Maybe you don’t want to eat hot dogs? This recipe can also be used to make homemade hamburger buns if you like. Or you can make a combination of the two and make everyone in the family happy. They are really easy to make, if I can do it, you can do it. Let’s get baking!

Step 1: Gather the tools and the ingredients

In order to make these homemade hot dog buns you just need a handful of everyday ingredients. Chances are you already have them in your pantry. You will need the following:

  • Water – I always use filtered water when cookie and baking, because my tap water tastes terrible.
  • Sugar – Sugar will be used for the yeast as well as to flavor the buns.
  • Active dry yeast – You can use rapid rise or instant yeast as well.
  • Oil – I generally use olive oil for these but vegetable or canola oil will work too. The fat in the oil helps to make the buns more tender.
  • Egg – The egg will aid in the rising of the dough as well as aid in creating a lighter softer texture.
  • Flour – Bread flour works really well with this recipe but you can use all-purpose/plain flour as well.
  • Salt – The salt will balance out the flavor and enhance the flavors of the other ingredients.
  • Butter – Butter will be used to baste on top of the buns.


Step 2: How to Make Homemade Hot Dog Buns

Begin by prepping the yeast. In a medium bowl combine the hot water (105 to 115F/40 to 44 C) and about 1 tsp. (5g) of the sugar. Then add the yeast. Mix them a bit with a fork and then allow the mixture to sit undisturbed for 5 to 10 minutes until it gets nice and foamy/frothy. If after 10 minutes you don’t have any foam or froth, start all over, the yeast may be old or bad or the water was too hot or not hot enough.

Step 3: Add in oil, sugar, and egg

Once the yeast has been activated add in the oil, rest of the sugar, and whisk the egg and pour that in. Whisk all those ingredients together well. If these turn out a little too sweet once you make them the first time, you can reduce the sugar by half.

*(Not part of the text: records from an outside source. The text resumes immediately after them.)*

-- ===== src/Fs/Bitmap/Bits.antt =====
-- A bit that is set or cleared, and every other bit as it was, for maps of bytes.
use Prim.Native.Nat.{bit_and, bit_or}
use neu_cs5600_cmpsys.Base.{
  ℕ, zero, suc, ◌-◌, ◌/◌, ◌%◌, ◌^◌, ◌<◌, ◌≡◌, refl, ◌∙◌, Bool, true, false, not, ◌&&◌, ◌==◌, ltb,
  ltb→lt, if◌then◌else◌, get_or, get_or-set, get_or-replicate_lt, replicate, length, arith,
  length-set, Bool-cases, if_ind, inl, inr,
}
use neu_cs5600_cmpsys.Base.Bytes.{Bytes}
use neu_cs5600_cmpsys.Fs.Bitmap.{mask, bit_set, bit_clear, bit_test}

-- The test passes at every number under the bound.
passes : (ℕ → Bool) → ℕ → Bool
passes test zero = true
passes test (suc bound) = if test bound then passes test bound else false

at_each :
    (test : ℕ → Bool) {bound : ℕ} (k : ℕ) → k < bound → passes test bound ≡ true → test k ≡ true
unfolding passes
at_each test {bound = zero} k below all = absurd (omega arith)
at_each test {bound = suc bound} k below all = elim (Bool-cases (k == bound)) [
  | inl here ↦ let e : k ≡ bound = ground arith in rw e (ground arith)
  | inr lower ↦ at_each test {bound = bound} k (ground arith) (ground arith)
]

abbrev same : Bool → Bool → Bool
same true b = b
same false b = not b

same_iff : (a b : Bool) → same a b ≡ true → a ≡ b
same_iff true true e = refl
same_iff true false e = ground arith
same_iff false true e = ground arith
same_iff false false e = refl

-- The bit `k` of a byte.
abbrev pub bit : ℕ → ℕ → Bool
bit x k = not (bit_and x (2 ^ k) == 0)

abbrev set_ok : ℕ → ℕ → ℕ → Bool
set_ok x k j =
    ltb (bit_or x (2 ^ k)) 256 && same (bit (bit_or x (2 ^ k)) j) (if k == j then true else bit x j)

abbrev clear_ok : ℕ → ℕ → ℕ → Bool
clear_ok x k j =
    ltb (bit_and x (255 - 2 ^ k)) 256
    && same (bit (bit_and x (255 - 2 ^ k)) j) (if k == j then false else bit x j)

set_table : passes (λ x. passes (λ k. passes (λ j. set_ok x k j) 8) 8) 256 ≡ true
unfolding passes
set_table = refl

clear_table : passes (λ x. passes (λ k. passes (λ j. clear_ok x k j) 8) 8) 256 ≡ true
unfolding passes
clear_table = refl

at_table :
    (p : ℕ → ℕ → ℕ → Bool) (x k j : ℕ)
    → passes (λ x. passes (λ k. passes (λ j. p x k j) 8) 8) 256 ≡ true
    → x < 256
    → k < 8
    → j < 8
    → p x k j ≡ true
at_table p x k j h hx hk hj =
    let hx' = at_each (λ x. passes (λ k. passes (λ j. p x k j) 8) 8) x hx h in
    let hk' = at_each (λ k. passes (λ j. p x k j) 8) k hk hx' in at_each (λ j. p x k j) j hj hk'

and_right : (a b : Bool) → (a && b) ≡ true → b ≡ true
and_right true b e = e
and_right false b e = ground arith

and_left : (a b : Bool) → (a && b) ≡ true → a ≡ true
and_left true b e = refl
and_left false b e = e

module _ (x k j : ℕ) (hx : x < 256) (hk : k < 8) (hj : j < 8) where
  pub bit-bit_or : bit (bit_or x (2 ^ k)) j ≡ (if k == j then true else bit x j)
  bit-bit_or = same_iff _ _ (and_right _ _ (at_table set_ok x k j set_table hx hk hj))

  pub bit-bit_and : bit (bit_and x (255 - 2 ^ k)) j ≡ (if k == j then false else bit x j)
  bit-bit_and = same_iff _ _ (and_right _ _ (at_table clear_ok x k j clear_table hx hk hj))

  pub bit_or-lt : bit_or x (2 ^ k) < 256
  bit_or-lt = ltb→lt _ _ (and_left _ _ (at_table set_ok x k j set_table hx hk hj))

  pub bit_and-lt : bit_and x (255 - 2 ^ k) < 256
  bit_and-lt = ltb→lt _ _ (and_left _ _ (at_table clear_ok x k j clear_table hx hk hj))

-- A map whose elements are bytes.
abbrev pub IsMap : Bytes → Type 0
IsMap map = (i : ℕ) → get_or map i 0 < 256

place_eq : (i j : ℕ) → i / 8 ≡ j / 8 → (i % 8 == j % 8) ≡ (i == j)
place_eq i j e = ground arith

module _ (map : Bytes) (bytes : IsMap map) (i : ℕ) (inside : i / 8 < length map) where
  -- After `bit_set` the bit is set, and every other bit is as it was.
  pub bit_test-bit_set :
      (j : ℕ) → bit_test (bit_set map i) j ≡ (if i == j then true else bit_test map j)
  unfolding bit_test bit_set
  bit_test-bit_set j =
      let x : ℕ = get_or map (i / 8) 0 in
      rw (get_or-set map (i / 8) (j / 8) (bit_or x (mask i)) 0 inside)
        (elim (Bool-cases (i / 8 == j / 8)) [
          | inl e ↦
              let p : i / 8 ≡ j / 8 = ground arith in
              rw e (
                bit-bit_or x (i % 8) (j % 8) (bytes (i / 8)) (omega arith) (omega arith)
                ∙ rw (place_eq i j p, p) refl)
          | inr e ↦ let q : (i == j) ≡ false = ground arith in rw (e, q) refl
        ])

  -- After `bit_clear` the bit is clear, and every other bit is as it was.
  pub bit_test-bit_clear :
      (j : ℕ) → bit_test (bit_clear map i) j ≡ (if i == j then false else bit_test map j)
  unfolding bit_test bit_clear
  bit_test-bit_clear j =
      let x : ℕ = get_or map (i / 8) 0 in
      rw (get_or-set map (i / 8) (j / 8) (bit_and x (255 - mask i)) 0 inside)
        (elim (Bool-cases (i / 8 == j / 8)) [
          | inl e ↦
              let p : i / 8 ≡ j / 8 = ground arith in
              rw e (
                bit-bit_and x (i % 8) (j % 8) (bytes (i / 8)) (omega arith) (omega arith)
                ∙ rw (place_eq i j p, p) refl)
          | inr e ↦ let q : (i == j) ≡ false = ground arith in rw (e, q) refl
        ])

  pub bit_set-IsMap : IsMap (bit_set map i)
  unfolding bit_set
  bit_set-IsMap j =
      rw (get_or-set map (i / 8) j (bit_or (get_or map (i / 8) 0) (mask i)) 0 inside) (
        if_ind (λ (x : ℕ). x < 256) (i / 8 == j) _ _
          (λ _.
            bit_or-lt (get_or map (i / 8) 0) (i % 8) 0 (bytes (i / 8)) (omega arith) (omega arith))
          (λ _. bytes j))

  pub bit_clear-IsMap : IsMap (bit_clear map i)
  unfolding bit_clear
  bit_clear-IsMap j =
      rw (get_or-set map (i / 8) j (bit_and (get_or map (i / 8) 0) (255 - mask i)) 0 inside) (
        if_ind (λ (x : ℕ). x < 256) (i / 8 == j) _ _
          (λ _.
            bit_and-lt (get_or map (i / 8) 0) (i % 8) 0 (bytes (i / 8)) (omega arith) (omega arith))
          (λ _. bytes j))

pub length-bit_clear : (map : Bytes) (i : ℕ) → length (bit_clear map i) ≡ length map
unfolding bit_clear
length-bit_clear map i = length-set map (i / 8) _

full_byte : passes (λ k. bit 255 k) 8 ≡ true
unfolding passes
full_byte = refl

-- A map of full bytes has every bit set.
pub bit_test-replicate : (n j : ℕ) → j / 8 < n → bit_test (replicate n 255) j ≡ true
unfolding bit_test
bit_test-replicate n j h =
    rw (get_or-replicate_lt {A = ℕ} n (j / 8) 255 0 h)
      (at_each (λ k. bit 255 k) (j % 8) (omega arith) full_byte)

Step 4: Finish making the hot dog buns dough

finished hot dog bun dough in a large glass bowl

Now in a separate bowl combine the flour with salt. Next add a cup of the flour to the bowl with the wet ingredients. Use a wooden spoon or a stand mixer to do this. Once that cup of flour has been incorporated do another cup, etc. Until the dough forms. You will have somewhere between 1/4th of a cup of flour and 1/2 cup of a flour left over. Pour that out onto the counter to add in while you knead the dough.

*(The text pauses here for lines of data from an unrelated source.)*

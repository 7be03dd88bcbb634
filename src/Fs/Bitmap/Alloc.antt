-- ===== src/Fs/Bitmap/Alloc.antt =====
-- The block that `alloc_blk` takes, and what a freed block means for it (lab4/fs5600.c).
use neu_cs5600_cmpsys.Base.{
  ℕ, zero, suc, ◌+◌, ◌-◌, ◌*◌, ◌≤◌, ◌<◌, ◌≡◌, refl, ◌∙◌, sym, true, false, Option, none, some, ◌==◌,
  if◌then◌else◌, length, arith, Bool-cases, inl, inr, ltb,
}
use mathlib.Core.Path.{subst}
use neu_cs5600_cmpsys.Base.Bytes.{Bytes}
use neu_cs5600_cmpsys.Fs.Bitmap.{fs_block_size, bit_set, bit_clear, bit_test, find_free, alloc_in}
use neu_cs5600_cmpsys.Fs.Bitmap.Bits.{
  IsMap, bit_test-bit_set, bit_test-bit_clear, bit_set-IsMap, bit_clear-IsMap, length-bit_clear,
}

-- The loop's answer: the first free block of the range, or none with every block in use.
abbrev pub IsFirst : Bytes → ℕ → ℕ → Option ℕ → Type 0
IsFirst map i n none = (j : ℕ) → i ≤ j → j < i + n → bit_test map j ≡ true
IsFirst map i n (some k) =
    (i ≤ k)
    × (k < i + n)
    × (bit_test map k ≡ false)
    × ((j : ℕ) → i ≤ j → j < k → bit_test map j ≡ true)

-- In use from `i + 1` on, and at `i`.
covers :
    (map : Bytes) (i m : ℕ)
    → bit_test map i ≡ true
    → ((j : ℕ) → i + 1 ≤ j → j < m → bit_test map j ≡ true)
    → (j : ℕ) → i ≤ j
    → j < m
    → bit_test map j ≡ true
covers map i m e f j a b = elim (Bool-cases (i == j)) [
  | inl s ↦ let p : i ≡ j = ground arith in rw p at e
  | inr s ↦ f j (ground arith) b
]

extend :
    (map : Bytes) (i n : ℕ) (r : Option ℕ)
    → bit_test map i ≡ true
    → IsFirst map (i + 1) n r
    → IsFirst map i (suc n) r
extend map i n none e f = λ j a b. covers map i (i + 1 + n) e f j a (omega arith)
extend map i n (some k) e f = (omega arith, omega arith, f.2, covers map i k e f.3)

find_free-IsFirst : (map : Bytes) (i n : ℕ) → IsFirst map i n (find_free map i n)
unfolding find_free
find_free-IsFirst map i zero = λ j a b. absurd (omega arith)
find_free-IsFirst map i (suc n) = elim (Bool-cases (bit_test map i)) [
  | inr e ↦
      let stop : find_free map i (suc n) ≡ some i = rw (e, find_free) refl in
      subst (IsFirst map i (suc n)) (sym stop)
        (omega arith, omega arith, e, λ j a b. absurd (omega arith))
  | inl e ↦
      let more : find_free map i (suc n) ≡ find_free map (i + 1) n = rw (e, find_free) refl in
      subst (IsFirst map i (suc n)) (sym more)
        (extend map i n (find_free map (i + 1) n) e (find_free-IsFirst map (i + 1) n))
]

abbrev pub blocks : ℕ
blocks = fs_block_size * 8

-- What `alloc_blk` gives: -ENOSPC with every block from 3 in use, or the first free block from 3,
-- which alone is newly marked.
abbrev pub Allocates : Bytes → Option (ℕ × Bytes) → Type 0
Allocates map none = (j : ℕ) → 3 ≤ j → j < blocks → bit_test map j ≡ true
Allocates map (some (i, map')) =
    (3 ≤ i)
    × (i < blocks)
    × (bit_test map i ≡ false)
    × ((j : ℕ) → 3 ≤ j → j < i → bit_test map j ≡ true)
    × ((j : ℕ) → bit_test map' j ≡ (if i == j then true else bit_test map j))
    × IsMap map'

module _ (map : Bytes) (bytes : IsMap map) (whole : length map ≡ fs_block_size) where
  allocated :
      (r : Option ℕ)
      → IsFirst map 3 (fs_block_size * 8 - 3) r
      → Allocates map (elim r [ none ↦ none | some i ↦ some (i, bit_set map i) ])
  allocated none f = λ j a b. f j a (omega arith)
  allocated (some i) f = (
    f.0,
    omega (arith, f.1),
    f.2,
    f.3,
    bit_test-bit_set map bytes i (omega (arith, f.1)),
    bit_set-IsMap map bytes i (omega (arith, f.1)),
  )

  -- On the bitmap of a block, `alloc_blk` takes the first free block from 3 on and marks it, and no
  -- other bit changes; it fails only if every block from 3 on is in use.
  pub alloc_in-Allocates : Allocates map (alloc_in map)
  unfolding alloc_in
  alloc_in-Allocates =
      allocated (find_free map 3 (fs_block_size * 8 - 3))
        (find_free-IsFirst map 3 (fs_block_size * 8 - 3))

reused :
    (m : Bytes) (i : ℕ) (r : Option (ℕ × Bytes))
    → Allocates m r
    → bit_test m i ≡ false
    → 3 ≤ i
    → i < blocks
    → (k : ℕ) × (m' : Bytes) × (r ≡ some (k, m')) × (k ≤ i)
reused m i none a e lo hi = absurd (ground (arith, a i lo hi))
reused m i (some (k, m')) a e lo hi = (
  k,
  m',
  refl,
  elim (Bool-cases (ltb i k)) [
    | inl lt ↦ absurd (ground (arith, a.3 i lo (ground arith)))
    | inr ge ↦ ground arith
  ],
)

-- After `free_blk i` the next `alloc_blk` does not fail, and takes `i` or a block before it.
pub alloc_in-bit_clear :
    (map : Bytes) (i : ℕ)
    → IsMap map
    → length map ≡ fs_block_size
    → 3 ≤ i
    → i < blocks
    → (k : ℕ) × (map' : Bytes) × (alloc_in (bit_clear map i) ≡ some (k, map')) × (k ≤ i)
alloc_in-bit_clear map i bytes whole lo hi =
    reused (bit_clear map i) i (alloc_in (bit_clear map i))
      (alloc_in-Allocates (bit_clear map i) (bit_clear-IsMap map bytes i (omega arith))
        (length-bit_clear map i ∙ whole))
      (bit_test-bit_clear map bytes i (omega arith) i ∙ ground arith) lo hi

none_free :
    (map : Bytes) (r : Option (ℕ × Bytes))
    → Allocates map r
    → ((j : ℕ) → 3 ≤ j → j < blocks → bit_test map j ≡ true)
    → r ≡ none
none_free map none a f = refl
none_free map (some (k, m')) a f = absurd (ground (arith, f k a.0 a.1, a.2))

-- With every block from 3 on in use, `alloc_blk` fails.
pub alloc_in-none :
    (map : Bytes)
    → IsMap map
    → length map ≡ fs_block_size
    → ((j : ℕ) → 3 ≤ j → j < blocks → bit_test map j ≡ true)
    → alloc_in map ≡ none
alloc_in-none map bytes whole f =
    none_free map (alloc_in map) (alloc_in-Allocates map bytes whole) f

Step 5: Knead that homemade hot dog bun dough

kneading homemade hot dog buns dough on a wooden table

Place the dough on a floured surface. Then knead the dough for 8 to 10 minutes. Add extra flour when it gets too sticky. To knead the dough place your hands on the dough and press down and out stretching the dough. Then fold it over onto itself and turn it one quarter of a turn. Repeat. Keep dough that.

If you have a stand mixer with a dough hook you can use that too if you like. Once the dough has been kneaded take a large bowl and spray the inside with kitchen spray or use a little bit of oil. Place the dough in it and cover it with a damp cloth and allow it to rise for an hour until it doubles in size.

Risen hot dog bun dough in a large glass bowl

Step 6: Shape and cut the dough

Next punch down the homemade hot dog buns dough and place it on the floured surface. Divide the dough into equal pieces. You should be able to get 16 standard size hot dog buns or 10 to 12 really large buns. If you want to be really precise use a scale to weigh the total amount of dough first then divide it in equal parts by weight.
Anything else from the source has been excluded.